Déclenchée par la révision du contenu de la proposition Processus de production du

handicap, la réflexion sur la notion de communication -- et sur la façon dont il conviendrait

de la définir -- s’est forcément inscrite dans le contexte particulier de la pratique des orthophonistes et des audiologistes ayant accepté de mener à terme cette réflexion. Les commentaires des participants en ce qui a trait aux différentes dimensions de leur pratique constitue la deuxième partie de ce chapitre.

Contexte : n.m. 1. ensemble du texte qui entoure une unité

de la langue (mot, phrase, fragment d’énoncé) et qui sélectionne son sens, sa valeur. 2. ensemble des circonstances dans lesquelles s’insère un fait.

Le Petit Robert

La réflexion sur la notion de communication et les définitions qu’ont formulées les orthophonistes et les audiologistes ne se comprennent bien que si l’on connaît les principales caractéristiques de leur pratique, que si l’on connaît le contexte de la définition de la communication.
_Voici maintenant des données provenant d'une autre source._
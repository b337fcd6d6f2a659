-- ===== src/Task/User/Local.antt =====
-- include/async++/task.h: `local_task`, whose task object is a member of an object on the stack, and
-- how its destructor makes sure that nobody uses the task any more; with the run of the task by
-- scheduler.h, and its unwrapping by task_base.h where its function returns a task. Each step is one
-- access to the state or the count of the task.
use asyncplusplus_1_1_annota.Base.{
  ℕ, ◌+◌, ◌-◌, ◌≡◌, Bool, true, false, ◌==◌, if◌then◌else◌, refl, arith, sym, ◌∙◌, ap, ◌≢◌,
}

-- Where the thread of the `local_task` stands: before the destructor, in its `wait`, in the loop
-- behind it, or past it.
pub data Stage : Type 0 where
  alive waiting spinning destroyed : Stage

-- The state of the task: its function has not returned, it waits for the task that its function
-- returned, or it has finished, by a result or by an exception.
pub data Progress : Type 0 where
  pending unwrapped finished : Progress

-- Where the thread that has the `task_run_handle` stands: before the run, in the call of `then` of
-- `unwrapped_finish`, on the way to the catch of it, behind the run, and past the end of the handle.
pub data Run : Type 0 where
  queued linking catching over released : Run

-- Whether the task_run_handle still has its reference.
abbrev pub holds : Run → Bool
holds released = false
holds _ = true

-- `ref_count`, the state, the handle, and whether there is an `unwrapped_func` with a reference to
-- the task. `deleted` is a `remove_ref` that has deleted the object.
pub record LocalTask : Type 0 where
  pub refs : ℕ
  pub state : Progress
  pub handle : Run
  pub forward : Bool
  pub deleted : Bool
  pub stage : Stage

-- The constructor: one reference of the object's own, and one for the handle.
abbrev pub local_spawn : LocalTask
local_spawn = record {
  refs = 2;
  state = pending;
  handle = queued;
  forward = false;
  deleted = false;
  stage = alive;
}

-- The scheduler runs the handle, or destroys it, which cancels the task; then it gives the handle's
-- reference up, which it does too while the task is unwrapped.
pub data Runs (s : LocalTask) : LocalTask → Type 0 where
  finish :
      s.handle ≡ queued → s.state ≡ pending → Runs s (record s { state = finished; handle = over })
  release :
      s.handle ≡ over
      → Runs s (record s { handle = released; refs = s.refs - 1; deleted = s.refs == 1 })

-- `unwrapped_finish`: the task is marked, and a reference is taken for the `unwrapped_func`; `then`
-- keeps it, or throws before it has handed the `unwrapped_func` on, which gives the reference up, and
-- the catch cancels the task.
pub data Unwraps (s : LocalTask) : LocalTask → Type 0 where
  refer :
      s.handle ≡ queued
      → s.state ≡ pending
      → Unwraps s
          (record s { state = unwrapped; refs = s.refs + 1; forward = true; handle = linking })
  linked : s.handle ≡ linking → Unwraps s (record s { handle = over })
  then_throws :
      s.handle ≡ linking
      → s.state ≡ unwrapped
      → s.forward ≡ true
      → Unwraps s (record s {
        handle = catching;
        forward = false;
        refs = s.refs - 1;
        deleted = s.refs == 1;
      })
  catches : s.handle ≡ catching → Unwraps s (record s { state = finished; handle = over })

-- The `unwrapped_func`, which runs as soon as the child has it: it finishes the task, and gives its
-- reference up when it is destroyed. While `then` has not returned, it may do so already.
pub data Forwards (s : LocalTask) : LocalTask → Type 0 where
  settle : s.forward ≡ true → s.state ≡ unwrapped → Forwards s (record s { state = finished })
  drop_ref :
      s.forward ≡ true
      → s.state ≡ finished
      → Forwards s (record s { forward = false; refs = s.refs - 1; deleted = s.refs == 1 })

-- The destructor.
pub data Destructor (s : LocalTask) : LocalTask → Type 0 where
  enter : s.stage ≡ alive → Destructor s (record s { stage = waiting })
  waited : s.stage ≡ waiting → s.state ≡ finished → Destructor s (record s { stage = spinning })
  yields : s.stage ≡ spinning → (s.refs == 1) ≡ false → Destructor s s
  is_unique :
      s.stage ≡ spinning → (s.refs == 1) ≡ true → Destructor s (record s { stage = destroyed })

pub data Reach : LocalTask → Type 0 where
  here : Reach local_spawn
  runs : {s t : LocalTask} → Reach s → Runs s t → Reach t
  unwraps : {s t : LocalTask} → Reach s → Unwraps s t → Reach t
  forwards : {s t : LocalTask} → Reach s → Forwards s t → Reach t
  destructs : {s t : LocalTask} → Reach s → Destructor s t → Reach t

-- The references that are there: the object's own, the handle's, and the unwrapped_func's.
abbrev owners : LocalTask → ℕ
owners s = 1 + (if holds s.handle then 1 else 0) + (if s.forward then 1 else 0)

record Inv (s : LocalTask) : Type 0 where
  counted : s.refs ≡ owners s
  kept : s.deleted ≡ false
  no_forward : s.state ≡ pending → s.forward ≡ false
  waited_for : s.stage ≡ spinning → s.state ≡ finished
  past : s.stage ≡ destroyed → (s.state ≡ finished) × (s.handle ≡ released) × (s.forward ≡ false)

local_spawn-Inv : Inv local_spawn
local_spawn-Inv = record {
  counted = refl;
  kept = refl;
  no_forward = λ e. refl;
  waited_for = λ e. cc;
  past = λ e. absurd cc;
}

holds-released : (h : Run) → holds h ≡ false → h ≡ released
holds-released queued e = cc
holds-released linking e = cc
holds-released catching e = cc
holds-released over e = cc
holds-released released e = refl

-- Only the object's own reference is left.
alone :
    (s : LocalTask)
    → s.refs ≡ owners s
    → (s.refs == 1) ≡ true
    → (s.handle ≡ released) × (s.forward ≡ false)
alone s counted one =
    (holds-released s.handle (ground (arith, counted, one)), ground (arith, counted, one))

Runs-Inv : {s t : LocalTask} → Inv s → Runs s t → Inv t
Runs-Inv {s} inv (finish h p) = record {
  counted = inv.counted ∙ rw h refl;
  kept = inv.kept;
  no_forward = λ e. absurd cc;
  waited_for = λ e. refl;
  past = λ e. let d = inv.past e in absurd (let both : queued ≡ released = sym h ∙ d.1 in cc);
}
Runs-Inv {s} inv (release h) = record {
  counted = ground (arith, inv.counted, h);
  kept = ground (arith, inv.counted, h);
  no_forward = inv.no_forward;
  waited_for = inv.waited_for;
  past = λ e. let d = inv.past e in (d.0, refl, d.2);
}

-- Past the destructor no handle is about to do anything.
not_past : (s : LocalTask) (h : Run) → Inv s → s.handle ≡ h → holds h ≡ true → s.stage ≢ destroyed
not_past s h inv e holding d =
    let past = inv.past d in
    let both : true ≡ false = sym holding ∙ ap holds (sym e ∙ past.1) in absurd cc

-- A state other than the finished one is of a destructor that still waits.
not_waited :
    (s : LocalTask) (p : Progress) → Inv s → s.state ≡ p → p ≢ finished → s.stage ≢ spinning
not_waited s p inv e ne at = ne (sym e ∙ inv.waited_for at)

pending≢finished : pending ≢ finished
pending≢finished e = cc

Unwraps-Inv : {s t : LocalTask} → Inv s → Unwraps s t → Inv t
Unwraps-Inv {s} inv (refer h p) = record {
  counted = ground (arith, inv.counted, h, inv.no_forward p);
  kept = inv.kept;
  no_forward = λ e. absurd cc;
  waited_for = λ e. absurd (not_waited s pending inv p pending≢finished e);
  past = λ e. absurd (not_past s queued inv h refl e);
}
Unwraps-Inv {s} inv (linked h) = record {
  counted = ground (arith, inv.counted, h);
  kept = inv.kept;
  no_forward = inv.no_forward;
  waited_for = inv.waited_for;
  past = λ e. absurd (not_past s linking inv h refl e);
}
Unwraps-Inv {s} inv (then_throws h u f) = record {
  counted = ground (arith, inv.counted, h, f);
  kept = ground (arith, inv.counted, h, f);
  no_forward = λ e. refl;
  waited_for = inv.waited_for;
  past = λ e. absurd (not_past s linking inv h refl e);
}
Unwraps-Inv {s} inv (catches h) = record {
  counted = ground (arith, inv.counted, h);
  kept = inv.kept;
  no_forward = λ e. absurd cc;
  waited_for = λ e. refl;
  past = λ e. absurd (not_past s catching inv h refl e);
}

Forwards-Inv : {s t : LocalTask} → Inv s → Forwards s t → Inv t
Forwards-Inv {s} inv (settle f u) = record {
  counted = inv.counted;
  kept = inv.kept;
  no_forward = λ e. absurd cc;
  waited_for = λ e. refl;
  past = λ e. let d = inv.past e in (refl, d.1, d.2);
}
Forwards-Inv {s} inv (drop_ref f u) = record {
  counted = ground (arith, inv.counted, f);
  kept = ground (arith, inv.counted, f);
  no_forward = λ e. refl;
  waited_for = inv.waited_for;
  past = λ e. let d = inv.past e in (d.0, d.1, refl);
}

Destructor-Inv : {s t : LocalTask} → Inv s → Destructor s t → Inv t
Destructor-Inv inv (enter e) = record {
  counted = inv.counted;
  kept = inv.kept;
  no_forward = inv.no_forward;
  waited_for = λ p. cc;
  past = λ p. absurd cc;
}
Destructor-Inv inv (waited e f) = record {
  counted = inv.counted;
  kept = inv.kept;
  no_forward = inv.no_forward;
  waited_for = λ p. f;
  past = λ p. absurd cc;
}
Destructor-Inv inv (yields e o) = inv
Destructor-Inv {s} inv (is_unique e o) = record {
  counted = inv.counted;
  kept = inv.kept;
  no_forward = inv.no_forward;
  waited_for = λ p. absurd cc;
  past = λ p. let a = alone s inv.counted o in (inv.waited_for e, a.0, a.1);
}

Reach-Inv : {s : LocalTask} → Reach s → Inv s
Reach-Inv here = local_spawn-Inv
Reach-Inv (runs r st) = Runs-Inv (Reach-Inv r) st
Reach-Inv (unwraps r st) = Unwraps-Inv (Reach-Inv r) st
Reach-Inv (forwards r st) = Forwards-Inv (Reach-Inv r) st
Reach-Inv (destructs r st) = Destructor-Inv (Reach-Inv r) st

-- Whatever the scheduler does with the handle of a `local_task`, and also where the task is
-- unwrapped: no reference that is given up deletes the object, which is on the stack; when the
-- destructor looks at the count, the task has finished; and when the destructor has ended, the task
-- has finished, and the references of the handle and of the `unwrapped_func` have been given up.
pub destroyed_unused :
    {s : LocalTask}
    → Reach s
    → (s.deleted ≡ false)
      × (s.stage ≡ spinning → s.state ≡ finished)
      × (s.stage ≡ destroyed → (s.state ≡ finished) × (s.handle ≡ released) × (s.forward ≡ false))
destroyed_unused r = let inv = Reach-Inv r in (inv.kept, inv.waited_for, inv.past)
Une même définition, par exemple “la communication est le processus par lequel un émetteur transmet un message à un récepteur” n’a certainement pas la même portée si c’est un orthophoniste ou un audiologiste qui l’exprime plutôt qu’un ingénieur...

Pour décrire le contexte qui permettra de comprendre les textes produits par les orthophonistes et les audiologistes sur la notion de la communication, j’ai retenu tout ce que les seize participants aux entrevues individuelles ont dit concernant leur profession, leur milieu de travail, le réseau de la santé ou de l’éducation, le monde de la réadaptation, leurs relations avec les collègues et les pairs, et les critères dont ils se servent pour juger de l’issue d’une intervention.